**Data extracted from a collection:**
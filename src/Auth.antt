-- ===== src/Auth.antt =====
-- Signing in and out of the frontend: hooks/useAuth.ts, useLogin.ts, useSignup.ts and useLogout.ts,
-- components/auth/PrivateRoute.tsx, handleLogout of components/layout/AppLayout.tsx, and the pages
-- login/LoginPage.tsx, signup/SignupPage.tsx, password-reset/PasswordResetPage.tsx and
-- PasswordResetRequestPage.tsx (all under frontend/src). What the server answers is an argument;
-- the matching of keys is the query client's, the reading of a path the router's.
pub mod Schemas
pub mod Session
mod Tests
use expense_saas.Types.{Role}
use expense_saas.Prelude.{
  String, Option, none, some, Bool, true, false, List, [], ◌∷◌, ◌++◌, ◌||◌, str_eq, truthy,
  if◌then◌else◌, ◌&&◌, map,
}
use expense_saas.Texts.{or_else, Chars, codes}
use expense_saas.Store.{Store, get_access_token, get_refresh_token, set_tokens, clear_tokens}
use expense_saas.Hooks.{Query, current_user, QueryKey, Part}
use expense_saas.Hooks.Changes.Mutations.{KeyFilter}

-- What a request throws.
pub data Failure : Type 0 where
  api_client_error : (code : String) → Failure
  other_error : Failure

-- How a login or a signup ends.
pub data Answer : Type 0 where
  signed_in : (access_token refresh_token : String) → Answer
  failed : Failure → Answer

-- An answer that the query client keeps.
pub record Entry : Type 0 where
  pub query_key : QueryKey
  pub is_invalidated : Bool

-- The location of the router, with `state.from`.
pub record Location : Type 0 where
  pub pathname : Chars
  pub search : Chars
  pub from : Option Chars

-- The browser tab: the token store, the cache, the location, the queries that are prefetched, and
-- the error on the page.
pub record Tab : Type 0 where
  pub store : Store
  pub cache : List Entry
  pub location : Location
  pub prefetched : List Query
  pub api_error : Option String

unfoldable pub is_authenticated : Store → Bool
unfolding get_access_token
is_authenticated s = elim (get_access_token s) [ none ↦ false | some _ ↦ true ]

-- PrivateRoute
unfoldable pub private_route : Tab → Tab
unfolding is_authenticated
private_route t = if is_authenticated t.store then t else record t {
  location = record {
    pathname = codes "/login";
    search = [];
    from = some (t.location.pathname ++ t.location.search);
  };
}

-- `navigate` to a path without a query
abbrev pub go : String → Location
go path = record { pathname = codes path; search = []; from = none }

abbrev rate_limited : String
rate_limited = "しばらく待ってから再試行してください"

-- getLoginErrorMessage
unfoldable pub login_error_message : Failure → String
login_error_message (api_client_error code) =
    if str_eq code "RATE_LIMIT_EXCEEDED" then rate_limited else "メールアドレスまたはパスワードが正しくありません"
login_error_message other_error = "メールアドレスまたはパスワードが正しくありません"

-- getSignupErrorMessage
unfoldable pub signup_error_message : Failure → String
signup_error_message (api_client_error code) =
    if str_eq code "EMAIL_ALREADY_EXISTS"
    then "このメールアドレスは既に登録されています"
    else if str_eq code "RATE_LIMIT_EXCEEDED"
    then rate_limited
    else "サーバーエラーが発生しました"
signup_error_message other_error = "サーバーエラーが発生しました"

-- getErrorMessage of the two pages for a password reset
unfoldable pub reset_error_message : Failure → String
reset_error_message (api_client_error code) =
    if str_eq code "RATE_LIMIT_EXCEEDED" then rate_limited else "サーバーエラーが発生しました"
reset_error_message other_error = "サーバーエラーが発生しました"

-- `['auth', 'me']`
abbrev pub me : KeyFilter
me = "auth" ∷ "me" ∷ []

-- The key consists of exactly these texts.
abbrev pub is_key : KeyFilter → QueryKey → Bool
is_key [] [] = true
is_key (s ∷ texts) (Part.text t ∷ key) = str_eq s t && is_key texts key
is_key _ _ = false

abbrev to_key : KeyFilter → QueryKey
to_key = map Part.text

-- The entry that `prefetchQuery` fills: the one of the key, or a new one.
abbrev pub prefetch : KeyFilter → List Entry → List Entry
prefetch texts [] = record { query_key = to_key texts; is_invalidated = false } ∷ []
prefetch texts (e ∷ es) = if is_key texts e.query_key then e ∷ es else e ∷ prefetch texts es

-- The matching of keys, and how the router reads a path with its query.
module _ (matches : KeyFilter → QueryKey → Bool) (parse_path : Chars → Chars × Chars) where
  -- `invalidateQueries`
  abbrev pub invalidate : KeyFilter → List Entry → List Entry
  invalidate filter [] = []
  invalidate filter (e ∷ es) =
      record e { is_invalidated = e.is_invalidated || matches filter e.query_key }
      ∷ invalidate filter es

  -- `onSuccess` of useLogin and useSignup
  unfoldable pub on_success : (access refresh : String) → Tab → Tab
  unfolding set_tokens
  on_success access refresh t = record t {
    store = set_tokens access refresh t.store;
    cache = prefetch me (invalidate me t.cache);
    prefetched = t.prefetched ++ current_user ∷ [];
  }

  -- handleSubmit of LoginPage, after `setApiError(null)`; the hook has stored the tokens before.
  unfoldable pub login_ends : Answer → Tab → Tab
  unfolding on_success login_error_message
  login_ends (signed_in access refresh) t =
      let signed = on_success access refresh (record t { api_error = none }) in
      let path = parse_path (or_else t.location.from (codes "/dashboard")) in
      record signed {
        store = set_tokens access refresh signed.store;
        location = record { pathname = path.0; search = path.1; from = none };
      }
  login_ends (failed failure) t = record t { api_error = some (login_error_message failure) }

  -- handleSubmit of SignupPage
  unfoldable pub signup_ends : Answer → Tab → Tab
  unfolding on_success signup_error_message
  signup_ends (signed_in access refresh) t =
      let signed = on_success access refresh (record t { api_error = none }) in
      record signed { store = set_tokens access refresh signed.store; location = go "/dashboard" }
  signup_ends (failed failure) t = record t { api_error = some (signup_error_message failure) }

-- The refresh token that useLogout sends, if it sends a request.
unfoldable pub logout_request : Store → Option String
unfolding get_refresh_token
logout_request s = elim (get_refresh_token s) [
  | none ↦ none
  | some token ↦ if truthy token then some token else none
]

-- `onSettled` of useLogout and of handleLogout: the request has ended, or failed, or was not sent.
unfoldable pub logout_ends : Tab → Tab
unfolding clear_tokens
logout_ends t = record t { store = clear_tokens t.store; cache = []; location = go "/login" }

-- AppLayout: what it shows around a page, and whether its effect leads to the login page.
pub data Layout : Type 0 where
  skeleton nothing : Layout
  frame : (role : Role) → Layout

unfoldable pub app_layout : (is_loading : Bool) (user : Option Role) → Layout × Bool
app_layout true user = (skeleton, false)
app_layout false none = (nothing, true)
app_layout false (some role) = (frame role, false)

-- PasswordResetPage: `viewState` and `apiError`.
pub data ViewState : Type 0 where
  form complete token_invalid : ViewState

pub record PasswordResetPage : Type 0 where
  pub view_state : ViewState
  pub api_error : Option String

-- handleSubmit of PasswordResetPage; `none` is success.
unfoldable pub reset_ends : Option Failure → PasswordResetPage → PasswordResetPage
unfolding reset_error_message
reset_ends none p = record { view_state = complete; api_error = none }
reset_ends (some (api_client_error code)) p =
    if str_eq code "INVALID_TOKEN" || str_eq code "TOKEN_EXPIRED"
    then record { view_state = token_invalid; api_error = none }
    else record p { api_error = some (reset_error_message (api_client_error code)) }
reset_ends (some other_error) p = record p { api_error = some (reset_error_message other_error) }

-- PasswordResetRequestPage: `isSubmitted` and `apiError`; handleSubmit
pub record PasswordResetRequestPage : Type 0 where
  pub is_submitted : Bool
  pub api_error : Option String

unfoldable pub request_ends : Option Failure → PasswordResetRequestPage → PasswordResetRequestPage
unfolding reset_error_message
request_ends none p = record { is_submitted = true; api_error = none }
request_ends (some failure) p = record p { api_error = some (reset_error_message failure) }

**PROBLEM REQUIREMENTS:** Quote exactly the first line of the entries and every line after it, stopping with the line that contains "-- PasswordResetRequestPage.tsx (all".

**FINAL ANSWER:**
filename src/Auth.antt
-- ===== src/Auth.antt =====
-- Signing in and out of the frontend: hooks/useAuth.ts, useLogin.ts, useSignup.ts and useLogout.ts,
-- components/auth/PrivateRoute.tsx, handleLogout of components/layout/AppLayout.tsx, and the pages
-- login/LoginPage.tsx, signup/SignupPage.tsx, password-reset/PasswordResetPage.tsx and
-- PasswordResetRequestPage.tsx (all under frontend/src). What the server answers is an argument;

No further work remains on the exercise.